For a novelist as much as for a stand-up comedian the relationship between real life and comedy is a tricky one. What amuses one reader will strike another as cheesy, outlandish or cruel.
The Mark and the Void
features a minister for finance whose terminal illness plays a central role in the narrative. Details of that illness will, for Irish readers, immediately bring a particular minister for finance to mind. Is Murray sailing somewhat too close to the real-life wind here?
"I thought of the book as a sort of parallel universe," he says. "It's not a roman-a-clef where you go, 'That's Anglo, and that's McCreevy, and that's Brian Lenihan. ' It's not something I did lightly. It's not supposed to be Brian Lenihan. At the same time Brian Lenihan's story was really interesting, because he was the one person within that government that I would look at and think that they had any integrity or honour or intelligence or ability – and he was shafted. He was taken to the cleaners by the banks in a really cruel way. And I think he did pay a really enormous price for that.

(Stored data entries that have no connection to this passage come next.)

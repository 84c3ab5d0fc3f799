-- ===== src/Logx/Throttle.antt =====
-- internal/logx/throttle.go: the log throttle, whose two atomics are shared by concurrent calls of
-- `Warn`. Each step below is one atomic operation: the load of the deadline, the compare-and-swap
-- (or the early exit), and the swap of the suppressed counter before the line is logged.
use stac_proxy.Common.{
  ℕ, ◌+◌, ◌≤◌, ◌≡◌, refl, inl, inr, Bool, true, false, none, some, List, [], ◌∷◌, arith, ltb, ◌==◌,
  if◌then◌else◌, Option-cases, get_elem?, remove_at,
}
use stac_proxy.Common.Int.{ℤ, positive_or}

-- `interval`, `next` and `suppressed` of LogThrottle.
pub record Throttle : Type 0 where
  pub interval : ℕ
  pub next : ℕ
  pub suppressed : ℕ

unfoldable pub new_throttle : ℤ → Throttle
new_throttle interval = record {
  interval = positive_or 30000000000 interval;
  next = 0;
  suppressed = 0;
}

-- `now < deadline || !t.next.CompareAndSwap(deadline, now + interval)`: whether the call goes on to
-- log, with `deadline` as it was loaded.
unfoldable pub compete : ℕ → ℕ → Throttle → Throttle × Bool
compete now deadline t =
    if ltb now deadline
    then (record t { suppressed = t.suppressed + 1 }, false)
    else (if t.next == deadline
        then (record t { next = now + t.interval }, true)
        else (record t { suppressed = t.suppressed + 1 }, false))

-- `n := t.suppressed.Swap(0)`: the number for the logged line.
unfoldable pub swap : Throttle → Throttle × ℕ
swap t = (record t { suppressed = 0 }, t.suppressed)

-- A call of `Warn` in progress: it loaded the deadline at a time, or it won and is about to log.
pub data Call : Type 0 where
  loaded : ℕ → ℕ → Call
  won : Call

-- Calls in progress, the times at which calls won, newest first, and the counts of the calls that
-- are done: those that logged with the numbers they reported, and those that were swallowed.
pub record System : Type 0 where
  pub throttle : Throttle
  pub calls : List Call
  pub wins : List ℕ
  pub logged : ℕ
  pub reported : ℕ
  pub swallowed : ℕ

-- `call now` loads the deadline at the time; `advance i` makes the next step of the `i`th call.
pub data Event : Type 0 where
  call : ℕ → Event
  advance : ℕ → Event

after_compete : ℕ → List Call → System → Throttle × Bool → System
after_compete now rest s (t, true) = record s {
  throttle = t;
  calls = won ∷ rest;
  wins = now ∷ s.wins;
}
after_compete now rest s (t, false) = record s {
  throttle = t;
  calls = rest;
  swallowed = s.swallowed + 1;
}

advance_call : Call → List Call → System → System
advance_call (loaded now deadline) rest s =
    after_compete now rest s (compete now deadline s.throttle)
advance_call won rest s = record s {
  throttle = (swap s.throttle).0;
  calls = rest;
  logged = s.logged + 1;
  reported = s.reported + (swap s.throttle).1;
}

unfoldable pub step : System → Event → System
unfolding after_compete advance_call
step s (call now) = record s { calls = loaded now s.throttle.next ∷ s.calls }
step s (advance i) = elim (get_elem? s.calls i) [
  | none ↦ s
  | some c ↦ advance_call c (remove_at s.calls i) s
]

unfoldable pub run : System → List Event → System
run s [] = s
run s (e ∷ es) = run (step s e) es

unfoldable pub new_system : ℤ → System
unfolding new_throttle
new_system interval = record {
  throttle = new_throttle interval;
  calls = [];
  wins = [];
  logged = 0;
  reported = 0;
  swallowed = 0;
}

-- The times of the wins lie at least `gap` apart.
abbrev pub Spaced : ℕ → List ℕ → Type 0
Spaced gap [] = Unit {0}
Spaced gap (t ∷ []) = Unit {0}
Spaced gap (t ∷ u ∷ ts) = (u + gap ≤ t) × Spaced gap (u ∷ ts)

-- The deadline in force is the last win plus the interval.
abbrev pub Follows : ℕ → ℕ → List ℕ → Type 0
Follows next gap [] = next ≡ 0
Follows next gap (t ∷ ts) = next ≡ t + gap

pub record Steady (s : System) : Type 0 where
  pub spaced : Spaced s.throttle.interval s.wins
  pub follows : Follows s.throttle.next s.throttle.interval s.wins
  pub conserved : s.reported + s.throttle.suppressed ≡ s.swallowed

advance-Steady :
    (c : Call) (rest : List Call) (s : System) (ws : List ℕ)
    → s.wins ≡ ws
    → Steady s
    → Steady (advance_call c rest s)
unfolding advance_call after_compete compete swap
advance-Steady (loaded now deadline) rest s [] e v = ground arith
advance-Steady (loaded now deadline) rest s (w ∷ ws) e v = ground arith
advance-Steady won rest s ws e v = ground arith

step-Steady : (s : System) (e : Event) → Steady s → Steady (step s e)
unfolding step
step-Steady s (call now) v = ground arith
step-Steady s (advance i) v = elim (Option-cases (get_elem? s.calls i)) [
  | inl gone ↦ rw (gone, step) v
  | inr (c, hit) ↦ rw (hit, step) (advance-Steady c (remove_at s.calls i) s s.wins refl v)
]

run-Steady : (s : System) (es : List Event) → Steady s → Steady (run s es)
unfolding run
run-Steady s [] v = v
run-Steady s (e ∷ es) v = run-Steady (step s e) es (step-Steady s e v)

-- However the calls interleave: two calls that go on to log loaded the clock at least one interval
-- apart, and no swallowed call is forgotten, since the numbers reported on the lines and the
-- counter together are the number of the swallowed calls.
pub run-new_system-Steady : (interval : ℤ) (es : List Event) → Steady (run (new_system interval) es)
unfolding new_system
run-new_system-Steady interval es = run-Steady (new_system interval) es (ground arith)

“So I also wanted to reflect that in the book, that during the recession people suffered in a very real way, from the guy eating pigeons in his back garden to the horses starving in the streets. Real things happened to real people. So while this is not a journalistic account of what happened – journalists, I think, have handled that very well – I did want to show that in this scenario there are very real stories.”